Isaac went down to the police station the next morning to speak with detectives and identified Wiggins in a photo array as "the person wielding both kitchen knives." Archilles Moore, another invited guest, also identified Wiggins in a photo array as the "person that I saw stab Darius." Justin also identified him in the photo array as the "individual that swung at me when me while [sic] Darius and I were standing in the doorway of the house.
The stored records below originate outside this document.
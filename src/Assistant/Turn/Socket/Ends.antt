-- ===== src/Assistant/Turn/Socket/Ends.antt =====
-- How the socket of the chat is left (api/assistant.py over `handle_user_message` of assistant/service.py).
use terraformer.Base.{
  ℕ, zero, suc, ◌≤◌, ◌≡◌, refl, subst, ◌∙◌, ap, Bool, true, false, Option, none, some, List, [],
  ◌∷◌, ◌++◌, append-nil, map, arith, ltb, is_empty, Bool-cases, inl, inr,
}
use terraformer.Text.{codes, is_some}
use terraformer.Errors.{code}
use terraformer.Assistant.Context.{History}
use terraformer.Assistant.Turn.{
  ToolCallRequest, ToolResult, answered, AssistantEvent, done, TurnError, provider, app, other, Env,
  Turn, max_calls, run_calls, ask_model, run_rounds, run_turn, is_zero, started,
}
use terraformer.Assistant.Turn.Work.{IsWork, result_count, ask_model-counts}
use terraformer.Assistant.Turn.Bounds.{ending, run_turn-Finished, ToolsAnswer, run_calls-failure}
use terraformer.Assistant.Turn.Socket.{
  Frame, event, error, error_frames, stays_open, served, answer_message,
}

-- The frames are those of some work and then these.
abbrev pub WorkThen : List Frame → List Frame → Type 0
WorkThen last frames =
    (body : List AssistantEvent) × ((frames ≡ map event body ++ last) × IsWork body)

-- One last frame, `done` or an error's, and an open socket; or a socket torn down by another exception.
abbrev pub SocketEnds : Option TurnError → List Frame × Bool → Type 0
SocketEnds none (frames, stays) = WorkThen (event done ∷ []) frames × (stays ≡ true)
SocketEnds (some provider) (frames, stays) =
    WorkThen (error (codes "provider_unreachable") ∷ []) frames × (stays ≡ true)
SocketEnds (some (app e)) (frames, stays) =
    WorkThen (error (codes (code e)) ∷ []) frames × (stays ≡ true)
SocketEnds (some other) (frames, stays) = WorkThen [] frames × (stays ≡ false)

map-append : (xs ys : List AssistantEvent) → map event (xs ++ ys) ≡ map event xs ++ map event ys
map-append [] ys = refl
map-append (x ∷ xs) ys = ap (λ (l : List Frame). event x ∷ l) (map-append xs ys)

frames_lem :
    (f : Option TurnError) (events body : List AssistantEvent)
    → events ≡ body ++ ending f
    → IsWork body
    → SocketEnds f (map event events ++ error_frames f, stays_open f)
unfolding error_frames
frames_lem none events body e w = (
  (body, (append-nil (map event events) ∙ ap (map event) e ∙ map-append body (done ∷ []), w)),
  refl,
)
frames_lem (some provider) events body e w = (
  (
    body,
    (
      ap (λ (l : List AssistantEvent). map event l ++ error (codes "provider_unreachable") ∷ [])
          (e ∙ append-nil body),
      w,
    ),
  ),
  refl,
)
frames_lem (some (app x)) events body e w = (
  (
    body,
    (
      ap (λ (l : List AssistantEvent). map event l ++ error (codes (code x)) ∷ [])
          (e ∙ append-nil body),
      w,
    ),
  ),
  refl,
)
frames_lem (some other) events body e w =
    ((body, (ap (λ (l : List AssistantEvent). map event l ++ []) (e ∙ append-nil body), w)), refl)

pub run_turn-ends :
    (env : Env) (history : History)
    → SocketEnds (run_turn env history).failure (answer_message env history)
      × ((run_turn env history).requests ≤ 13)
      × (result_count (run_turn env history).stored ≤ 40)
unfolding answer_message served result_count
run_turn-ends env history =
    let ((body, (e, w)), b, c) = run_turn-Finished env history in
    (
      frames_lem (run_turn env history).failure (run_turn env history).events body e w,
      b,
      omega (arith, c),
    )

-- Nothing that is asked raises.
abbrev pub NeverRaises : Env → Type 0
NeverRaises env =
    ((n : ℕ) (offered : Bool) (h : History) → (env.stream_chat n offered h).failure ≡ none)
    × ToolsAnswer env

reply-failure :
    (env : Env) (final : Bool) (t : Turn)
    → NeverRaises env
    → (ask_model env final t).0.failure ≡ none
unfolding ask_model
reply-failure env final t h = h.0 t.requests _ _

run_rounds-failure :
    (env : Env) (left : ℕ) (t : Turn)
    → NeverRaises env
    → t.failure ≡ none
    → (run_rounds env left t).failure ≡ none
unfolding run_rounds
run_rounds-failure env zero t h n = n
run_rounds-failure env (suc left) t h n =
    let reply = (ask_model env (is_zero left) t).0 in
    let heard_turn = (ask_model env (is_zero left) t).1 in
    let called = run_calls env reply.calls heard_turn in
    let f = reply-failure env (is_zero left) t h in
    let (_, _, _, failed) = ask_model-counts env (is_zero left) t in
    let g = run_calls-failure env reply.calls heard_turn h.1 ∙ failed ∙ f in
    elim (Bool-cases (is_empty reply.calls)) [
      | inl e ↦ rw (ap is_some f, e) (failed ∙ f)
      | inr e ↦ elim (Bool-cases (ltb max_calls called.calls_made)) [
        | inl o ↦ rw (ap is_some f, e, ap is_some g, o) g
        | inr o ↦ rw (ap is_some f, e, ap is_some g, o) (run_rounds-failure env left called h g)
      ]
    ]

-- If neither the model nor a tool raises, whatever they answer, the socket sends some work and then
-- `done`, and it stays open.
pub quiet_turn_done :
    (env : Env) (history : History)
    → ((n : ℕ) (offered : Bool) (h : History) → (env.stream_chat n offered h).failure ≡ none)
    → ((c : ToolCallRequest) → (r : ToolResult) × (env.run_tool c ≡ answered r))
    → WorkThen (event done ∷ []) (answer_message env history).0
      × ((answer_message env history).1 ≡ true)
unfolding run_turn
quiet_turn_done env history streams tools =
    subst (λ (f : Option TurnError). SocketEnds f (answer_message env history))
      (run_rounds-failure env 13 (started env history) (streams, tools) refl)
      (run_turn-ends env history).0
I also took a photograph of him sitting in the house on the sofa with my camera." Several other invited guests also identified Wiggins as the person that stabbed Darius.

Additionally, one of the uninvited guests, Nicky Woodward, testified as part of a plea agreement that he saw appellee stab "the chest of the man who was standing in the doorway." Appellee's trial for the murder of Darius Ray and the assault of Justin Nelson commenced on September 9, 2011. The following five voir dire questions are at issue in this appeal:

At oral argument, appellee's counsel withdrew any challenge to the trial court's voir dire questions concerning state or federal jury service and membership in "a neighborhood watch type of program," as well as the "catchall" question inquiring about "any reason" a juror might not be able to render a fair and impartial verdict.

If you hold any feelings or beliefs relating to race, sex, color, religion, national origin, or any other personal attributes of the Defendants or any possible witnesses which would or might affect your ability to render a fair
and impartial verdict in this case based on the law and the evidence, please stand.
If there is any matter, fact or thing, including any religious, psychological or moral beliefs that you hold which would affect your ability to give a fair and impartial verdict in this case, please stand.
I understand that a lot of people have strong feelings but if you have such strong feelings about the fact that it is alleged in this case that a weapon was involved. Such strong feelings that it would make it impossible for you to render a fair and impartial verdict because of that fact, please stand.
Again, I understand people have strong feelings but if you have such strong feelings about the violation of narcotic laws that you would be unable to render a fair and impartial verdict based on the facts and the evidence presented in this case during the trial, please stand.
I told you very briefly what the allegations are. If you feel that the nature of the case would make it impossible for you to render a fair and impartial verdict in this case, please stand.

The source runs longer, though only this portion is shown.